Improving the Identification of Real-world Malware's DNS Covert Channels Using Locality Sensitive Hashing
Pascal Ruffing, Denis Petrov, Sebastian Zillien, Steffen Wendzel
TL;DR
This work tackles the problem of detecting and attributing DNS-based malware covert channels in real-world traffic. It proposes a novel LSH-based pipeline that encodes DNS subdomain sequences into similarity features via dual hashing, computes pairwise similarities in fixed windows, and feeds a Random Forest classifier for binary detection, malware-family identification, and behavioral classification; the distance computations leverage pairwise comparisons with $\binom{n}{2}=\frac{n(n-1)}{2}$ per segment, yielding $O(n^2)$ complexity (with potential $O(n)$ rolling updates in streaming setups).
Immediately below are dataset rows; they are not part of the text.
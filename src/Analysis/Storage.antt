-- ===== src/Analysis/Storage.antt =====
-- `ValidateForPersistence` of internal/analysis/run.go.
use opensource_project_intel.Base.{
  Bool, true, false, ◌&&◌, ◌||◌, not, Option, none, some, List, [], ◌∷◌, if◌then◌else◌, ◌==◌,
  is_some,
}
use opensource_project_intel.Base.Int.{ℤ, pos, ltb_ℤ, leb_ℤ, nonpositive, int_eq}
use opensource_project_intel.Base.Result.{Result, ok, err, ◌>>=◌, ◌>>◌, fail_if}
use opensource_project_intel.Base.Text.{text_eq, is_blank}
use opensource_project_intel.Analysis.Run.{
  State, queued, running, succeeded, failed, cancelled, other, Error, invalid_run,
  evidence_rejected, Citation, citation_eq, Output, Bytes, Run, unattributed, validate_usage,
  before_start, validate_output,
}

-- `run.ParentRunID != nil && (*run.ParentRunID <= 0 || *run.ParentRunID == run.ID)`.
unfoldable pub bad_parent : Option ℤ → ℤ → Bool
bad_parent none id = false
bad_parent (some parent) id = nonpositive parent || parent == id

-- `run.StartedAt != nil && run.StartedAt.Before(run.CreatedAt)`.
unfoldable pub starts_early : Option ℤ → ℤ → Bool
starts_early none created_at = false
starts_early (some started) created_at = ltb_ℤ started created_at

-- `run.FinishedAt != nil && (run.StartedAt == nil || run.FinishedAt.Before(*run.StartedAt))`.
unfoldable pub ends_early : Option ℤ → Option ℤ → Bool
unfolding before_start
ends_early none started_at = false
ends_early (some finished) started_at = before_start started_at finished

-- `len(xs) > 0`.
abbrev pub nonempty {ℓ} : {A : Type ℓ} → List A → Bool
nonempty [] = false
nonempty (_ ∷ _) = true

unfoldable pub malformed_citation : Citation → Bool
malformed_citation c =
    nonpositive c.snapshot_id
    || nonpositive c.chunk_id
    || ltb_ℤ c.start_offset (pos 0)
    || leb_ℤ c.end_offset c.start_offset

-- `prior, exists := accessible[citation.ChunkID]; exists && prior != citation`.
unfoldable pub clashes : Option Citation → Citation → Bool
clashes none citation = false
clashes (some prior) citation = not (prior == citation)

-- `accessible[citation.ChunkID] = citation`.
unfoldable pub put : (ℤ → Option Citation) → Citation → ℤ → Option Citation
put accessible citation chunk =
    if chunk == citation.chunk_id then some citation else accessible chunk

-- The loop that rebuilds the map from the stored evidence.
unfoldable pub rebuild : (ℤ → Option Citation) → List Citation → Result Error (ℤ → Option Citation)
unfolding malformed_citation clashes put
rebuild accessible [] = ok accessible
rebuild accessible (citation ∷ citations) =
    fail_if (malformed_citation citation) evidence_rejected
    >> (fail_if (clashes (accessible citation.chunk_id) citation) evidence_rejected
        >> rebuild (put accessible citation) citations)

-- slices.Equal.
abbrev pub same_citations : List Citation → List Citation → Bool
same_citations [] [] = true
same_citations (a ∷ xs) (b ∷ ys) = a == b && same_citations xs ys
same_citations _ _ = false

unfoldable pub check_evidence :
    (Bytes → Bool) → (Bytes → Option Output) → Run → Result Error (Unit {0})
unfolding rebuild
check_evidence valid unmarshal run = do
  accessible ← rebuild (λ _. none) run.evidence
  evidence ← validate_output valid unmarshal run.output accessible
  fail_if (not (same_citations evidence run.evidence)) evidence_rejected

-- The cases of the `switch`.
unfoldable pub check_state :
    (Bytes → Bool) → (Bytes → Option Output) → Run → State → Result Error (Unit {0})
unfolding check_evidence
check_state valid unmarshal run queued =
    fail_if
      (is_some run.started_at
        || is_some run.finished_at
        || nonempty run.output
        || nonempty run.evidence
        || not (run.failure_code == []))
      invalid_run
check_state valid unmarshal run running =
    fail_if
      (not (is_some run.started_at)
        || is_some run.finished_at
        || nonempty run.output
        || nonempty run.evidence
        || not (run.failure_code == []))
      invalid_run
check_state valid unmarshal run succeeded =
    fail_if
      (not (is_some run.started_at)
        || not (is_some run.finished_at)
        || not (nonempty run.output)
        || not (nonempty run.evidence)
        || not (run.failure_code == []))
      evidence_rejected
    >> check_evidence valid unmarshal run
check_state valid unmarshal run failed =
    fail_if
      (not (is_some run.started_at)
        || not (is_some run.finished_at)
        || nonempty run.output
        || nonempty run.evidence
        || is_blank run.failure_code)
      invalid_run
check_state valid unmarshal run cancelled =
    fail_if
      (not (is_some run.started_at)
        || not (is_some run.finished_at)
        || nonempty run.output
        || nonempty run.evidence
        || not (run.failure_code == []))
      invalid_run
check_state valid unmarshal run (other s) = err invalid_run

unfoldable pub validate_for_persistence :
    (Bytes → Bool) → (Bytes → Option Output) → Run → Result Error (Unit {0})
unfolding bad_parent starts_early ends_early check_state
validate_for_persistence valid unmarshal run = do
  fail_if (unattributed run || bad_parent run.parent_run_id run.id) invalid_run
  validate_usage run.usage
  fail_if (starts_early run.started_at run.created_at || ends_early run.finished_at run.started_at)
      invalid_run
  check_state valid unmarshal run run.state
The approach demonstrates higher F1-scores and substantially lower false positive rates than the Domainator baseline, while generalizing to unseen malware variants and tools and enabling behavior-level attribution (e.g., upload/download/idle) based solely on DNS traffic. Limitations arise with low-variance idle traffic, suggesting future work in hybrid representations that incorporate temporal or semantic cues and extending the framework to other protocols for broader forensic applicability.
Abstract
Nowadays, malware increasingly uses DNS-based covert channels in order to evade detection and maintain stealthy communication with its command-and-control servers. While prior work has focused on detecting such activity, identifying specific malware families and their behaviors from captured network traffic remains challenging due to the variability of DNS. In this paper, we present the first application of Locality Sensitive Hashing to the detection and identification of real-world malware utilizing DNS covert channels. Our approach encodes DNS subdomain sequences into statistical similarity features that effectively capture anomalies indicative of malicious activity. Combined with a Random Forest classifier, our method achieves higher accuracy and reduced false positive rates than prior approaches, while demonstrating improved robustness and generalization to previously unseen or modified malware samples. We further demonstrate that our approach enables reliable classification of malware behavior (e.g., uploading or downloading of files), based solely on DNS subdomains.